Stored data →
_____

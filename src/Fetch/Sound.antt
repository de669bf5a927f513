-- ===== src/Fetch/Sound.antt =====
-- Taking blocks and fetching transactions keeps a sound state. A reply is trusted to hold the
-- transaction that was asked for: the code does not compare its hash.
use belcoin.Prelude.{ℕ, ◌≡◌, refl, Option, none, some, List, [], ◌∷◌, inl, inr, Option-cases}
use belcoin.Tesseract.{Bytes, Transaction}
use belcoin.Exec.{Exec, pure}
use belcoin.Exec.Keeps.{Keeps, Keeps-raise, Keeps-modify, Keeps-bind, Keeps-pure, keeps_rules}
use belcoin.State.{Env, Node, Block}
use belcoin.Mempool.Sound.{IsSound, add_to_mempool-IsSound}
use belcoin.Block.Sound.{IsSound-same, process_block-IsSound}
use belcoin.Fetch.{
  Reply, not_found, was_invalid, found, push_call, call_later, forget_missing, resume_or,
  request_missing_transaction, request_missing_transactions, set_missing, find_missing_transactions,
  take_block, set_missed, stop_processing, fetch_now, back_off, start_block, try_process,
  add_received, add_reply, transaction_received, transaction_receive_error, on_reply,
}

-- The reply to a request for `txid` holds that transaction, if it holds one.
abbrev pub Answers : Reply → Bytes → Type 0
Answers not_found txid = Unit
Answers was_invalid txid = Unit
Answers (found tx) txid = tx.txid ≡ txid

module _ ⦃E : Env⦄ where
  open E use {transactions as T}

  module _ (s : Node) (h : IsSound s) where
    push_call-IsSound : (txid : Bytes) (i : ℕ) → IsSound (push_call txid i s)
    unfolding push_call
    push_call-IsSound txid i = IsSound-same s _ h refl refl refl refl refl

    forget_missing-IsSound : (txid : Bytes) → IsSound (forget_missing txid s)
    unfolding forget_missing
    forget_missing-IsSound txid = IsSound-same s _ h refl refl refl refl refl

    set_missing-IsSound : (block : List Bytes) → IsSound (set_missing block s)
    unfolding set_missing
    set_missing-IsSound block = IsSound-same s _ h refl refl refl refl refl

    take_block-IsSound : (block : Block) → IsSound (take_block block s)
    unfolding take_block
    take_block-IsSound block = IsSound-same s _ h refl refl refl refl refl

    set_missed-IsSound : (n : ℕ) → IsSound (set_missed n s)
    unfolding set_missed
    set_missed-IsSound n = IsSound-same s _ h refl refl refl refl refl

    stop_processing-IsSound : IsSound (stop_processing s)
    unfolding stop_processing
    stop_processing-IsSound = IsSound-same s _ h refl refl refl refl refl

  ruleset fetch_rules = (
    keeps_rules, Keeps-raise, process_block-IsSound, push_call-IsSound, forget_missing-IsSound,
    set_missing-IsSound, take_block-IsSound, set_missed-IsSound, stop_processing-IsSound,
  )

  call_later-IsSound : (txid : Bytes) (i : ℕ) → Keeps IsSound (call_later txid i)
  unfolding call_later
  call_later-IsSound txid i = Keeps-modify _ (λ s h. push_call-IsSound s h txid i)

  resume_or-IsSound :
      (other : Exec Node (Unit {0})) (txid : Bytes)
      → Keeps IsSound other
      → Keeps IsSound (resume_or other txid)
  unfolding resume_or
  resume_or-IsSound other txid k = search fetch_rules depth 9

  request-IsSound : (txid : Bytes) (i : ℕ) → Keeps IsSound (request_missing_transaction txid i)
  unfolding request_missing_transaction
  request-IsSound txid i = search (fetch_rules, call_later-IsSound, resume_or-IsSound) depth 7

  request_all-IsSound : Keeps IsSound request_missing_transactions
  unfolding request_missing_transactions
  request_all-IsSound = search (fetch_rules, request-IsSound) depth 7

  find_missing-IsSound : (block : List Bytes) → Keeps IsSound (find_missing_transactions block)
  unfolding find_missing_transactions
  find_missing-IsSound block = search (fetch_rules, request_all-IsSound) depth 8

  fetch_now-IsSound : (block : List Bytes) → Keeps IsSound (fetch_now block)
  unfolding fetch_now
  fetch_now-IsSound block = search (fetch_rules, find_missing-IsSound) depth 9

  back_off-IsSound : (block : List Bytes) → Keeps IsSound (back_off block)
  unfolding back_off
  back_off-IsSound block = search (fetch_rules, fetch_now-IsSound) depth 9

  start_block-IsSound : (queue : List Block) → Keeps IsSound (start_block queue)
  unfolding start_block
  start_block-IsSound [] = search fetch_rules
  start_block-IsSound (block ∷ queue) = search (fetch_rules, back_off-IsSound) depth 9

  pub try_process-IsSound : Keeps IsSound try_process
  unfolding try_process
  try_process-IsSound = search (fetch_rules, start_block-IsSound) depth 8

  add_reply-IsSound :
      (tx : Option Transaction) (txid : Bytes)
      → ((t : Transaction) → tx ≡ some t → t.txid ≡ txid)
      → Keeps IsSound (add_reply tx txid)
  unfolding add_reply add_received
  add_reply-IsSound none txid a = search (keeps_rules, Keeps-raise) depth 7
  add_reply-IsSound (some t) txid a = record {
    at = λ s h. elim (Option-cases (T.get s.mempool txid)) [
      | inl new ↦ rw new (add_to_mempool-IsSound t s h (rw (a t refl) new))
      | inr (u, old) ↦ rw old h
    ];
  }

  received-IsSound :
      (reply : Reply) (i : ℕ) (txid : Bytes)
      → Answers reply txid
      → Keeps IsSound (transaction_received reply i txid)
  unfolding transaction_received
  received-IsSound not_found i txid a = request-IsSound txid i
  received-IsSound was_invalid i txid a =
      Keeps-bind _ (λ _. resume_or (pure tt) txid)
        (add_reply-IsSound none txid (λ t e. absurd (cc)))
        (λ _. resume_or-IsSound (pure tt) txid (Keeps-pure tt))
  received-IsSound (found tx) i txid a =
      Keeps-bind _ (λ _. resume_or (pure tt) txid)
        (add_reply-IsSound (some tx) txid (λ t e. cc (a, e)))
        (λ _. resume_or-IsSound (pure tt) txid (Keeps-pure tt))

  pub on_reply-IsSound :
      (reply : Reply) (i : ℕ) (txid : Bytes)
      → Answers reply txid
      → Keeps IsSound (on_reply reply i txid)
  unfolding on_reply transaction_receive_error
  on_reply-IsSound reply i txid a = search (keeps_rules, received-IsSound, request-IsSound)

_____

TASK DESCRIPTION → Give back the records above exactly, limited to the lines between the one holding "push_call-IsSound txid i" and the one holding "stop_processing-IsSound : IsSound", inclusive.

FINISHED TASK →
    push_call-IsSound txid i = IsSound-same s _ h refl refl refl refl refl

    forget_missing-IsSound : (txid : Bytes) → IsSound (forget_missing txid s)
    unfolding forget_missing
    forget_missing-IsSound txid = IsSound-same s _ h refl refl refl refl refl

    set_missing-IsSound : (block : List Bytes) → IsSound (set_missing block s)
    unfolding set_missing
    set_missing-IsSound block = IsSound-same s _ h refl refl refl refl refl

    take_block-IsSound : (block : Block) → IsSound (take_block block s)
    unfolding take_block
    take_block-IsSound block = IsSound-same s _ h refl refl refl refl refl

    set_missed-IsSound : (n : ℕ) → IsSound (set_missed n s)
    unfolding set_missed
    set_missed-IsSound n = IsSound-same s _ h refl refl refl refl refl

    stop_processing-IsSound : IsSound (stop_processing s)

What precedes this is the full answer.